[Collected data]

------------------------

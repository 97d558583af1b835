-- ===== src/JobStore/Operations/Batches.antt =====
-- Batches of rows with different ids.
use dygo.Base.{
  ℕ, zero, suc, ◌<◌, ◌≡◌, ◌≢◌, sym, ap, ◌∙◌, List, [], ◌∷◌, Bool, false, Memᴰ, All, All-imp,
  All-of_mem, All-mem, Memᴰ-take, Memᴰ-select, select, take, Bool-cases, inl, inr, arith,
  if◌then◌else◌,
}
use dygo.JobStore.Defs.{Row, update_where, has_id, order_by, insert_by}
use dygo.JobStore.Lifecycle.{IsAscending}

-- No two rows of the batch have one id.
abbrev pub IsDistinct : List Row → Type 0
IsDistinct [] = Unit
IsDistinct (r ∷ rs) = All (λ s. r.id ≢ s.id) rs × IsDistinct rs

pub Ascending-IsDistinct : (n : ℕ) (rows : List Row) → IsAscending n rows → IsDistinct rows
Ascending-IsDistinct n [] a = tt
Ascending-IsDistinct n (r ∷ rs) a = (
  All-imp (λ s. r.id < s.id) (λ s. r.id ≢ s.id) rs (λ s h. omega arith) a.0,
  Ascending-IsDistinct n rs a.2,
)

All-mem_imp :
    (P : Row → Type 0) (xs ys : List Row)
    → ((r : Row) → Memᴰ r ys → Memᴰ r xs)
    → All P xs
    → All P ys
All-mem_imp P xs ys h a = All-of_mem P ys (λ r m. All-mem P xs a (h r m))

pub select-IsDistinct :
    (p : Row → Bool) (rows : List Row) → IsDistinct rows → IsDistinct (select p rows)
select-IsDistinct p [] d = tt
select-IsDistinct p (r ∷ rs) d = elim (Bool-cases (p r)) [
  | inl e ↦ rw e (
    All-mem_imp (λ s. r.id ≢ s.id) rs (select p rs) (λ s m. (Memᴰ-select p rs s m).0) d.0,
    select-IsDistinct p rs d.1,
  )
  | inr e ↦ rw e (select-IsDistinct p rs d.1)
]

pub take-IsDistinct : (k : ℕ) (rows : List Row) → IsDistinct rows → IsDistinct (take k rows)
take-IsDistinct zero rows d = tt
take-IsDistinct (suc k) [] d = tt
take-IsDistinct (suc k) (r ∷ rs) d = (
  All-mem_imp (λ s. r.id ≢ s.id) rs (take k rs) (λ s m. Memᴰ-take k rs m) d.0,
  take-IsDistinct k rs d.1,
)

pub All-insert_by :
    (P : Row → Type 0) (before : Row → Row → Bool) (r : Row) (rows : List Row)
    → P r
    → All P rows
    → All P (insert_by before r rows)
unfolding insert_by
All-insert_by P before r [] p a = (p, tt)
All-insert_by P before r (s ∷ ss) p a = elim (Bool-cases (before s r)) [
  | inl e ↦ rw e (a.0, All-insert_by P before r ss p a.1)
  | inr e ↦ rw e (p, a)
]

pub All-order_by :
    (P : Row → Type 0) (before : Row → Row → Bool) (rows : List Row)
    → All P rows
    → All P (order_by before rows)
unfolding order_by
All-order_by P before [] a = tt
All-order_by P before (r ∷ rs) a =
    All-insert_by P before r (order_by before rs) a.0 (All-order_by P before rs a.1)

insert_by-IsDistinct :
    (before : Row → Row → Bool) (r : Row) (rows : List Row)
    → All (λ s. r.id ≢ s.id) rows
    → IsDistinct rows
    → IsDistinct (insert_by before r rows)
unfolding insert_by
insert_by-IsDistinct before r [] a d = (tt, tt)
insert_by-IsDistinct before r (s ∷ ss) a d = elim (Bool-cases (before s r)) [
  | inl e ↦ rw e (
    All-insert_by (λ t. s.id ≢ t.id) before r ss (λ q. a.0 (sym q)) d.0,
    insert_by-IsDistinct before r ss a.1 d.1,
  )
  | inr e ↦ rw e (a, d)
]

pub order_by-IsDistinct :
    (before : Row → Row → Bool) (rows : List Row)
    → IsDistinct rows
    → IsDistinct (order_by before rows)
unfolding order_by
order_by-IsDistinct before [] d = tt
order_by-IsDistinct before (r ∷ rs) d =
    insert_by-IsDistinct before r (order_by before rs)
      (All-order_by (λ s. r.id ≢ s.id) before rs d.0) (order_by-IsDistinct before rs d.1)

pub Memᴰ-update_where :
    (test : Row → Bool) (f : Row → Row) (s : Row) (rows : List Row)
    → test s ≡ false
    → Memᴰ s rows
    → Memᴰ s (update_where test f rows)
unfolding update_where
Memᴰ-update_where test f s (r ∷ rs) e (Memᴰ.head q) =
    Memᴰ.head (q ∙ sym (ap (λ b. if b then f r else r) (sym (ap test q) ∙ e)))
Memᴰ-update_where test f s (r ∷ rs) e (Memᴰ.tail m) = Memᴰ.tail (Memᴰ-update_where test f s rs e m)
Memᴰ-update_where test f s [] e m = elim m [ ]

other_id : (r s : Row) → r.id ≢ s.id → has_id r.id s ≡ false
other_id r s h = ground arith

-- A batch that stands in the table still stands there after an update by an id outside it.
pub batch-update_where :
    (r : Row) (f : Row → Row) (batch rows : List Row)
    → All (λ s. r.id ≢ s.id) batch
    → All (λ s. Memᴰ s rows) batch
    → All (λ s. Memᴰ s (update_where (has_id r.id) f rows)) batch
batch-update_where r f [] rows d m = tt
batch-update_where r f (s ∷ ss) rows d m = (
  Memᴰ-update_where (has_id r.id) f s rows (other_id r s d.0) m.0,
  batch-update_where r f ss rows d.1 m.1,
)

------------------------

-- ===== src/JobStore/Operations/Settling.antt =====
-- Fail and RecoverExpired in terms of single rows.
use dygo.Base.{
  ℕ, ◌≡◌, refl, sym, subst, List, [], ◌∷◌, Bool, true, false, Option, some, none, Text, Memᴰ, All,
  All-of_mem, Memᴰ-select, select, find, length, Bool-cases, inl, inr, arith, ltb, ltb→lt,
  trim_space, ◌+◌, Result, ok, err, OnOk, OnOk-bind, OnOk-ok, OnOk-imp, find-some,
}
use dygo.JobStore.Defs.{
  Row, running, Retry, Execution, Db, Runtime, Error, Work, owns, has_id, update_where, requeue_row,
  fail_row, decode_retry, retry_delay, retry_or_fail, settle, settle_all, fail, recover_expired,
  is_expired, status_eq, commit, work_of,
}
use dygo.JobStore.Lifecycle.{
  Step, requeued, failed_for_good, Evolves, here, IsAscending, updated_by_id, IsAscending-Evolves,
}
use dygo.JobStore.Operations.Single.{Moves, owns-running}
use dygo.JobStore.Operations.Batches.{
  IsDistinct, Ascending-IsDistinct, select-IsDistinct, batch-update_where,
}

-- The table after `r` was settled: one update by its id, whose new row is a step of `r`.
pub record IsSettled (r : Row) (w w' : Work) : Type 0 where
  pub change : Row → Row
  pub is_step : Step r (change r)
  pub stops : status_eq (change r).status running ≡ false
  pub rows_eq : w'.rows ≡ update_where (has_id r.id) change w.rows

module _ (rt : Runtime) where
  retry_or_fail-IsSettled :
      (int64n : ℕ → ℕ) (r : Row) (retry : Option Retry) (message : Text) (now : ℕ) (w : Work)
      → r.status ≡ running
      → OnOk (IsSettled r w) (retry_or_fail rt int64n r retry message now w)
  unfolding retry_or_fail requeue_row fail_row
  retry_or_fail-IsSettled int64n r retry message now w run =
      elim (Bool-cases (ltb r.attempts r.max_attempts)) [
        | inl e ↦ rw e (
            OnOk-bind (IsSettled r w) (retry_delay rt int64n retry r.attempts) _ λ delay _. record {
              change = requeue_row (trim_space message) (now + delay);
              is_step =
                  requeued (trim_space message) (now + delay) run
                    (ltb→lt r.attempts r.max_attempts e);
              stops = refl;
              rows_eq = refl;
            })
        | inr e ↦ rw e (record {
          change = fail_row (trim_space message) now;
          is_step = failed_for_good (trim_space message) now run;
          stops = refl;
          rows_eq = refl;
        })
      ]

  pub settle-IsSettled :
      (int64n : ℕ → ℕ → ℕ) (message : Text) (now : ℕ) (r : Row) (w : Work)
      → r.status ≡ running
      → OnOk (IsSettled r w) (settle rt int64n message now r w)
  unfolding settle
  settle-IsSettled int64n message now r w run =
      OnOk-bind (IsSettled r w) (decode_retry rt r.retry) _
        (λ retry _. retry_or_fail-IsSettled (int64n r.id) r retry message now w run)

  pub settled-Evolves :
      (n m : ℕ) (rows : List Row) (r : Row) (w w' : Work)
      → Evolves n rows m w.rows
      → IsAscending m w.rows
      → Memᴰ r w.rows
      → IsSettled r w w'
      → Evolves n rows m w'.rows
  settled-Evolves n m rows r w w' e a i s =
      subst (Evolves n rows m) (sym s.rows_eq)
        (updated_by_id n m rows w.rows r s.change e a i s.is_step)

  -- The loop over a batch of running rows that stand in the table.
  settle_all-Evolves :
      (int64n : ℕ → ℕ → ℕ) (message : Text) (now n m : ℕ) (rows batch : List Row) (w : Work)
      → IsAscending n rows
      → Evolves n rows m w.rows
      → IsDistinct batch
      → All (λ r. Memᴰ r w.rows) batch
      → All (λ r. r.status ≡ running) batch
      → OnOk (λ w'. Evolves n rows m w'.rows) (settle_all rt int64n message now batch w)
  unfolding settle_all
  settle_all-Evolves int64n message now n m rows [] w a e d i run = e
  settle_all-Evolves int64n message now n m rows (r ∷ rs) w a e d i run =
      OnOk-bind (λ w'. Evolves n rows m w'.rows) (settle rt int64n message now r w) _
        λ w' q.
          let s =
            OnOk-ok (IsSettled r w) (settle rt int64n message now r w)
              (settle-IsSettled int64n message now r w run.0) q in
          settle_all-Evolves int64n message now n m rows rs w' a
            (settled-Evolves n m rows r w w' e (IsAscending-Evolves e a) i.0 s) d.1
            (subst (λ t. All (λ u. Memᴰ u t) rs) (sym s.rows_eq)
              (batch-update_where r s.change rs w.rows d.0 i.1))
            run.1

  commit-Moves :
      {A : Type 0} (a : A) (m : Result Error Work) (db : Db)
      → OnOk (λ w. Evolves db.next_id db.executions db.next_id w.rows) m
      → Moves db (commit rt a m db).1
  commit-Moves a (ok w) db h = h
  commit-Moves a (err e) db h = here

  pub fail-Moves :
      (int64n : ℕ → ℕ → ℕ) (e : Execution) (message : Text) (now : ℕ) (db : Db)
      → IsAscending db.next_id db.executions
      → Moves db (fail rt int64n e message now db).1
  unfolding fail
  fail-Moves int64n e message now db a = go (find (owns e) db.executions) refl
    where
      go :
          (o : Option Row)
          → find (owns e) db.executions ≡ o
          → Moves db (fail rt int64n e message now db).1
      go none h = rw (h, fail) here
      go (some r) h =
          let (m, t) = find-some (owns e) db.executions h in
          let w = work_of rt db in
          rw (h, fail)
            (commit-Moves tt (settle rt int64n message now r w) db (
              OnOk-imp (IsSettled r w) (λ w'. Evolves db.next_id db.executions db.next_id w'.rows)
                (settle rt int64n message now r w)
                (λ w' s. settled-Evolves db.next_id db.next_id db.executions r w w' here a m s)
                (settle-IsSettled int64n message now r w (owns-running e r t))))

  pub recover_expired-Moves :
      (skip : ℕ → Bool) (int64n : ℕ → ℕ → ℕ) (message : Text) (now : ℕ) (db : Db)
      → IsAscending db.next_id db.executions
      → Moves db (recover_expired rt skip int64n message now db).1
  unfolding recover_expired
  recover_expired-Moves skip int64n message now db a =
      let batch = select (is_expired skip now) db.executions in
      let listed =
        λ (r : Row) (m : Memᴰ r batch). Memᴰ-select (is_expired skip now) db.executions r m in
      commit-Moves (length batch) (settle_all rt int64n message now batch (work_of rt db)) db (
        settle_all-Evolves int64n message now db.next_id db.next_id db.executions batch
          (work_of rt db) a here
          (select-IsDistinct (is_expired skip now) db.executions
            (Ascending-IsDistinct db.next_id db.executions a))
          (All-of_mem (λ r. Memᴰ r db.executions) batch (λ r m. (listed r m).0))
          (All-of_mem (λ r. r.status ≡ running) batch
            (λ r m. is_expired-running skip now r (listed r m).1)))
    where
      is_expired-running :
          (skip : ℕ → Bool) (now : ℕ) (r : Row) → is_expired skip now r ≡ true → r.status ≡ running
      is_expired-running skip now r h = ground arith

------------------------

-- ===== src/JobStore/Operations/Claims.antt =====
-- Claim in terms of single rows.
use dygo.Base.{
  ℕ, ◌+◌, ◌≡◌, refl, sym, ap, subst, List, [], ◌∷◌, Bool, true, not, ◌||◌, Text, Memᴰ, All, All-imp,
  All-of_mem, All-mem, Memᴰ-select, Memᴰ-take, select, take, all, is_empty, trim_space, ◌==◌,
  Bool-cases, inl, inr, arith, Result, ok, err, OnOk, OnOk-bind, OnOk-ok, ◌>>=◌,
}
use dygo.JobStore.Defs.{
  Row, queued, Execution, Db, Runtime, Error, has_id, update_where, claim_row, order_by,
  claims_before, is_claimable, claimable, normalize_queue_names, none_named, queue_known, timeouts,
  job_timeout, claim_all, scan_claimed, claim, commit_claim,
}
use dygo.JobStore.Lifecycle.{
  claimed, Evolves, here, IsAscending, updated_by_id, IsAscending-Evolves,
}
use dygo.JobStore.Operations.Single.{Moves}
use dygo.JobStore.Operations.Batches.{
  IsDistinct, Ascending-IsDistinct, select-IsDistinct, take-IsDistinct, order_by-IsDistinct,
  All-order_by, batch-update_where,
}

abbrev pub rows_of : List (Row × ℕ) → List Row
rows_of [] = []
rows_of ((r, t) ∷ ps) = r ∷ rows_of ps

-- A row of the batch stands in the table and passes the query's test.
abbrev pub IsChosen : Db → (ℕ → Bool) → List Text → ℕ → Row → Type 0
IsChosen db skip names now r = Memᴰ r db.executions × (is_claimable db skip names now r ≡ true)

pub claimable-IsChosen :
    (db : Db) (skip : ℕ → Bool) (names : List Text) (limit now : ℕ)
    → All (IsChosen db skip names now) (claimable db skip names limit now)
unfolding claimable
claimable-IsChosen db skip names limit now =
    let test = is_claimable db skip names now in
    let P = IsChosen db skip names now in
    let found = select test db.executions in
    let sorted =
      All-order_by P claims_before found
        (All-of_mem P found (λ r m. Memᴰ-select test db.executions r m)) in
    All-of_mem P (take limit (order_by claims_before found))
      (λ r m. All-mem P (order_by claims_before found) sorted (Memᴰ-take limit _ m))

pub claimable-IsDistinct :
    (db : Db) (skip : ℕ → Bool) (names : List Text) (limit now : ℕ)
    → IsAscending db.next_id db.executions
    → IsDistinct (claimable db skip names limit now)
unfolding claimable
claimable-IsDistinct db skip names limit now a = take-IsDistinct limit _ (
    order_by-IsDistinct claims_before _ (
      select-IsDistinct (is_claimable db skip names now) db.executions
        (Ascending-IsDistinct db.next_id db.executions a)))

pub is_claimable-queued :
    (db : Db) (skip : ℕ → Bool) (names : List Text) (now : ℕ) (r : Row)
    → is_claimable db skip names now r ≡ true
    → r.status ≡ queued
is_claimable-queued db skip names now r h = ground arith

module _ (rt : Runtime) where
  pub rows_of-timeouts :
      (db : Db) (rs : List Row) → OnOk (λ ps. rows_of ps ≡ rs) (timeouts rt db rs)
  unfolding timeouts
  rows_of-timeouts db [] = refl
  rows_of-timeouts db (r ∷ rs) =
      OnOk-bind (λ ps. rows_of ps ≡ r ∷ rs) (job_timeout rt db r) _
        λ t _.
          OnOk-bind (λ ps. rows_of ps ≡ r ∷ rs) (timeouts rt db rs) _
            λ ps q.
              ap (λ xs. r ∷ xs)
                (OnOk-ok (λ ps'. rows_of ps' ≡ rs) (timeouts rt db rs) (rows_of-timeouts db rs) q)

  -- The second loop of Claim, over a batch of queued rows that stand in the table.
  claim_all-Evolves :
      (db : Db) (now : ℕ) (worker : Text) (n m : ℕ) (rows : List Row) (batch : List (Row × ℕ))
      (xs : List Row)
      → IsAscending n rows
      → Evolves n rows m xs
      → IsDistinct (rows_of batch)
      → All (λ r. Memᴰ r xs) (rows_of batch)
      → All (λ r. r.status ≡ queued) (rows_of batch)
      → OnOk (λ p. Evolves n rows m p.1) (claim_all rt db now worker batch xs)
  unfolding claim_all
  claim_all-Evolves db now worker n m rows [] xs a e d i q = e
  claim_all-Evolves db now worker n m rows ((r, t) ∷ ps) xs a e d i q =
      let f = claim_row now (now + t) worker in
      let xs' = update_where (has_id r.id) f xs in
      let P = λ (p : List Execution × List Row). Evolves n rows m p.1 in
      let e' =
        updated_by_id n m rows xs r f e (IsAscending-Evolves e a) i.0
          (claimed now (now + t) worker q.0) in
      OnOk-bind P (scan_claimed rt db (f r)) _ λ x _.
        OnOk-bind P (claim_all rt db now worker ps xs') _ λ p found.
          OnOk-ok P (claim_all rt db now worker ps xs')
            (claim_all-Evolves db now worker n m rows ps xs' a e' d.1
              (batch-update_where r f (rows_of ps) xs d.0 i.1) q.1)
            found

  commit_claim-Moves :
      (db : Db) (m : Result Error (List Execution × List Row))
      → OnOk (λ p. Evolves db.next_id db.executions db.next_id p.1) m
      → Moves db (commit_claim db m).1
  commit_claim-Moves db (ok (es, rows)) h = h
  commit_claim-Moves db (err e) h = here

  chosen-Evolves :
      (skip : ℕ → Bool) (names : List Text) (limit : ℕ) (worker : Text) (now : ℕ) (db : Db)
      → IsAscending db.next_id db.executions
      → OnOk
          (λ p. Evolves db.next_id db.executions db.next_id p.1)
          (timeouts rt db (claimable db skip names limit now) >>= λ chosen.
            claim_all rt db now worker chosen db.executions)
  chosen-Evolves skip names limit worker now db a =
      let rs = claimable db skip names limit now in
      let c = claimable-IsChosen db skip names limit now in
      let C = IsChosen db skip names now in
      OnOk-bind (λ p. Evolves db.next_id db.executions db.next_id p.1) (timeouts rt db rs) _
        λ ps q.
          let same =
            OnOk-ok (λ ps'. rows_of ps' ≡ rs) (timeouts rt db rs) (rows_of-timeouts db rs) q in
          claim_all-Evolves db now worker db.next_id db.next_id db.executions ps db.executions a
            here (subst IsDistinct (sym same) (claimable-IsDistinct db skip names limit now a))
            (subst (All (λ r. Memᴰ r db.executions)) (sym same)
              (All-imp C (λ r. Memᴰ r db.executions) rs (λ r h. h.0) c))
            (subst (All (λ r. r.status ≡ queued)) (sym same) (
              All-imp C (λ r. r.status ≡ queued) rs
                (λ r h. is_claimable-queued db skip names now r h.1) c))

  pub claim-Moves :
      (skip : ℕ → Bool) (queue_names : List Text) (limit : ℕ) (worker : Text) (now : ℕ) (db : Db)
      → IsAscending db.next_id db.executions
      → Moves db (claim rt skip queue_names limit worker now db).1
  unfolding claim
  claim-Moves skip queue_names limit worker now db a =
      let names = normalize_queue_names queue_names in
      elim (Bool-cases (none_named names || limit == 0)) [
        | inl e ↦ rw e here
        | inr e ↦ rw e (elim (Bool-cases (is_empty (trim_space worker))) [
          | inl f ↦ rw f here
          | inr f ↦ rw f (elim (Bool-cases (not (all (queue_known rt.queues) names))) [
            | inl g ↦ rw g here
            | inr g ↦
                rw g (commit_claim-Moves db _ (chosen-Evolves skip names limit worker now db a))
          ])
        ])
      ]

------------------------

REQUIRED WORK: Would you please copy exactly the part of the entries above that begins at the line containing "queued) (rows_of batch)" and ends at the line containing "claim_all-Evolves db now worker n m rows []", both lines included?

YOUR RESPONSE:
      → All (λ r. r.status ≡ queued) (rows_of batch)
      → OnOk (λ p. Evolves n rows m p.1) (claim_all rt db now worker batch xs)
  unfolding claim_all
  claim_all-Evolves db now worker n m rows [] xs a e d i q = e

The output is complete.